Your objective :: Which lines below fall between the one containing "try_ids zero i uuid by_id = uuid i" and the one containing "unfolding set_or_remove"? Repeat them exactly, counting both of those lines, and add nothing else.

__________________________________________________

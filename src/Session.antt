-- ===== src/Session.antt =====
-- Sessions (crates/ri-agent-core/src/harness/session.rs), part by part.
pub mod Entry
pub mod Storage
pub mod Path
pub mod Tree
pub mod Context
mod Samples
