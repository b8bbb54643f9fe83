-- ===== src/Session/Storage.antt =====
-- `InMemorySessionStorage` of crates/ri-agent-core/src/harness/session.rs, with the helpers that
-- it shares with the other backends. An operation that changes the storage returns the new one.
pub mod Freshness
pub mod Labels
pub mod Invariant
use ri.Base.{
  ℕ, zero, suc, ◌-◌, Bool, true, false, not, Option, none, some, List, [], ◌∷◌, ◌++◌, Text,
  if◌then◌else◌, length, drop, retain, is_empty, trim, text_eq, ◌<◌, ◌≤◌,
}
use ri.Base.Maps.{TextMap, get, insert, remove, contains_key}
use ri.Message.{Host}
use ri.Session.Entry.{
  SessionTreeEntry, SessionMetadata, EntryHead, SessionErrorCode, SessionError, Result, ok, err,
  ◌>>=◌, ◌>>◌, entry_not_found, not_found, invalid_session, leaf, label, message, id, entry_type,
}

-- What one operation takes from outside: the time, and the results of its calls of `uuidv7`.
pub record Env : Type 0 where
  pub now : Text
  pub uuid : ℕ → Text

-- The metadata of a new session, where none is given.
abbrev pub or_new : Env → Option SessionMetadata → SessionMetadata
or_new env none = record { id = env.uuid 0; created_at = env.now }
or_new env (some m) = m

-- The last eight characters of a `uuidv7`, which is ASCII.
abbrev pub short_id : Text → Text
short_id full = drop (length full - 8) full

-- The loop of `generate_entry_id`, with the rounds left and the number of the next call.
unfoldable pub try_ids : {V : Type 0} → ℕ → ℕ → (ℕ → Text) → TextMap V → Text
try_ids zero i uuid by_id = uuid i
try_ids (suc n) i uuid by_id =
    let rest = try_ids n (suc i) uuid by_id in
    if not (contains_key by_id (short_id (uuid i))) then short_id (uuid i) else rest

unfoldable pub generate_entry_id : {V : Type 0} → (ℕ → Text) → TextMap V → Text
generate_entry_id uuid by_id = try_ids 100 0 uuid by_id

abbrev pub non_empty : Text → Option Text
non_empty t = if is_empty t then none else some t

-- `label.as_deref().map(str::trim).filter(|label| !label.is_empty())`.
abbrev pub trimmed_label : Option Text → Option Text
trimmed_label none = none
trimmed_label (some l) = non_empty (trim l)

set_or_remove : TextMap Text → Text → Option Text → TextMap Text
set_or_remove labels target (some l) = insert labels target l
set_or_remove labels target none = remove labels target

module _ {H : Host} where
  unfoldable pub leaf_id_after_entry : SessionTreeEntry H → Option Text
  leaf_id_after_entry (leaf h target) = target
  leaf_id_after_entry e = some (id e)

  unfoldable pub update_label_cache : TextMap Text → SessionTreeEntry H → TextMap Text
  unfolding set_or_remove
  update_label_cache labels (label h target l) = set_or_remove labels target (trimmed_label l)
  update_label_cache labels e = labels

  unfoldable pub labels_after : TextMap Text → List (SessionTreeEntry H) → TextMap Text
  labels_after labels [] = labels
  labels_after labels (e ∷ es) = labels_after (update_label_cache labels e) es

  unfoldable pub build_labels_by_id : List (SessionTreeEntry H) → TextMap Text
  unfolding labels_after
  build_labels_by_id es = labels_after [] es

  validate_under : SessionErrorCode → TextMap (SessionTreeEntry H) → Option Text → Result (Unit {0})
  validate_under code by_id none = ok tt
  validate_under code by_id (some leaf_id) =
      if not (contains_key by_id leaf_id) then err (entry_not_found code leaf_id) else ok tt

  unfoldable pub validate_leaf : TextMap (SessionTreeEntry H) → Option Text → Result (Unit {0})
  unfolding validate_under
  validate_leaf = validate_under not_found

  unfoldable pub validate_existing_leaf :
      TextMap (SessionTreeEntry H) → Option Text → Result (Unit {0})
  unfolding validate_under
  validate_existing_leaf = validate_under invalid_session

pub record InMemorySessionStorage (H : Host) : Type 0 where
  pub metadata : SessionMetadata
  pub entries : List (SessionTreeEntry H)
  pub by_id : TextMap (SessionTreeEntry H)
  pub labels_by_id : TextMap Text
  pub leaf_id : Option Text

module _ {H : Host} where
  -- `entries.iter().map(|entry| (entry.id(), entry)).collect()`: a later entry wins.
  unfoldable pub collect_by_id :
      TextMap (SessionTreeEntry H) → List (SessionTreeEntry H) → TextMap (SessionTreeEntry H)
  collect_by_id by_id [] = by_id
  collect_by_id by_id (e ∷ es) = collect_by_id (insert by_id (id e) e) es

  unfoldable pub leaf_id_after : Option Text → List (SessionTreeEntry H) → Option Text
  leaf_id_after leaf_id [] = leaf_id
  leaf_id_after leaf_id (e ∷ es) = leaf_id_after (leaf_id_after_entry e) es

  abbrev pub or_empty : Option (List (SessionTreeEntry H)) → List (SessionTreeEntry H)
  or_empty none = []
  or_empty (some es) = es

  unfoldable pub with_options :
      Env
      → Option (List (SessionTreeEntry H))
      → Option SessionMetadata
      → Result (InMemorySessionStorage H)
  unfolding collect_by_id leaf_id_after
  with_options env given metadata =
      let entries = or_empty given in
      let by_id = collect_by_id [] entries in
      let leaf_id = leaf_id_after none entries in
      validate_existing_leaf by_id leaf_id
      >> ok (record {
        metadata = or_new env metadata;
        entries = entries;
        by_id = by_id;
        labels_by_id = build_labels_by_id entries;
        leaf_id = leaf_id;
      })

  -- The method `leaf_id`, which checks the field.
  unfoldable pub current_leaf : InMemorySessionStorage H → Result (Option Text)
  current_leaf s = validate_existing_leaf s.by_id s.leaf_id >> ok s.leaf_id

  unfoldable pub create_entry_id : Env → InMemorySessionStorage H → Text
  create_entry_id env s = generate_entry_id env.uuid s.by_id

  unfoldable pub leaf_entry : Env → InMemorySessionStorage H → Option Text → SessionTreeEntry H
  leaf_entry env s target =
      leaf
        (record {
          id = generate_entry_id env.uuid s.by_id;
          parent_id = s.leaf_id;
          timestamp = env.now;
        })
        target

  unfoldable pub set_leaf_id :
      Env → InMemorySessionStorage H → Option Text → Result (InMemorySessionStorage H)
  unfolding leaf_entry
  set_leaf_id env s target =
      let entry = leaf_entry env s target in
      validate_leaf s.by_id target
      >> ok (record s {
        entries = s.entries ++ entry ∷ [];
        by_id = insert s.by_id (id entry) entry;
        leaf_id = target;
      })

  unfoldable pub append_entry :
      InMemorySessionStorage H → SessionTreeEntry H → InMemorySessionStorage H
  append_entry s entry = record s {
    entries = s.entries ++ entry ∷ [];
    by_id = insert s.by_id (id entry) entry;
    labels_by_id = update_label_cache s.labels_by_id entry;
    leaf_id = leaf_id_after_entry entry;
  }

  unfoldable pub get_entry : InMemorySessionStorage H → Text → Option (SessionTreeEntry H)
  get_entry s k = get s.by_id k

  unfoldable pub find_entries : InMemorySessionStorage H → Text → List (SessionTreeEntry H)
  find_entries s wanted = retain (λ e. text_eq (entry_type e) wanted) s.entries

  unfoldable pub label_of : InMemorySessionStorage H → Text → Option Text
  label_of s k = get s.labels_by_id k
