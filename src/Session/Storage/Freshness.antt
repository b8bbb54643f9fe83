-- ===== src/Session/Storage/Freshness.antt =====
-- `generate_entry_id` of session.rs: when the new id is free.
use ri.Base.{ℕ, zero, suc, ◌≡◌, ◌⊎◌, inl, inr, false, arith, Text}
use ri.Base.Maps.{TextMap, contains_key}
use ri.Session.Storage.{short_id, try_ids, generate_entry_id}

-- The calls of `uuidv7` are good for a map: one of the next `n` short ids is free, or else the
-- full id of the call after them is.
abbrev pub HasFreeId : {V : Type 0} → ℕ → ℕ → (ℕ → Text) → TextMap V → Type 0
HasFreeId zero i uuid by_id = contains_key by_id (uuid i) ≡ false
HasFreeId (suc n) i uuid by_id =
    (contains_key by_id (short_id (uuid i)) ≡ false) ⊎ HasFreeId n (suc i) uuid by_id

try_ids_fresh :
    {V : Type 0} (n i : ℕ) (uuid : ℕ → Text) (by_id : TextMap V)
    → HasFreeId n i uuid by_id
    → contains_key by_id (try_ids n i uuid by_id) ≡ false
unfolding try_ids
try_ids_fresh zero i uuid by_id h = h
try_ids_fresh (suc n) i uuid by_id (inl h) = ground arith
try_ids_fresh (suc n) i uuid by_id (inr h) = ground (arith, try_ids_fresh n (suc i) uuid by_id h)

-- The loop gives a free id if any of its hundred short ids is free, or else the last full id.
pub generate_entry_id_fresh :
    {V : Type 0} (uuid : ℕ → Text) (by_id : TextMap V)
    → HasFreeId 100 0 uuid by_id
    → contains_key by_id (generate_entry_id uuid by_id) ≡ false
unfolding generate_entry_id
generate_entry_id_fresh uuid by_id h = try_ids_fresh 100 0 uuid by_id h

__________________________________________________

Response below ::
try_ids zero i uuid by_id = uuid i
try_ids (suc n) i uuid by_id =
    let rest = try_ids n (suc i) uuid by_id in
    if not (contains_key by_id (short_id (uuid i))) then short_id (uuid i) else rest

unfoldable pub generate_entry_id : {V : Type 0} → (ℕ → Text) → TextMap V → Text
generate_entry_id uuid by_id = try_ids 100 0 uuid by_id

abbrev pub non_empty : Text → Option Text
non_empty t = if is_empty t then none else some t

-- `label.as_deref().map(str::trim).filter(|label| !label.is_empty())`.
abbrev pub trimmed_label : Option Text → Option Text
trimmed_label none = none
trimmed_label (some l) = non_empty (trim l)

set_or_remove : TextMap Text → Text → Option Text → TextMap Text
set_or_remove labels target (some l) = insert labels target l
set_or_remove labels target none = remove labels target

module _ {H : Host} where
  unfoldable pub leaf_id_after_entry : SessionTreeEntry H → Option Text
  leaf_id_after_entry (leaf h target) = target
  leaf_id_after_entry e = some (id e)

  unfoldable pub update_label_cache : TextMap Text → SessionTreeEntry H → TextMap Text
  unfolding set_or_remove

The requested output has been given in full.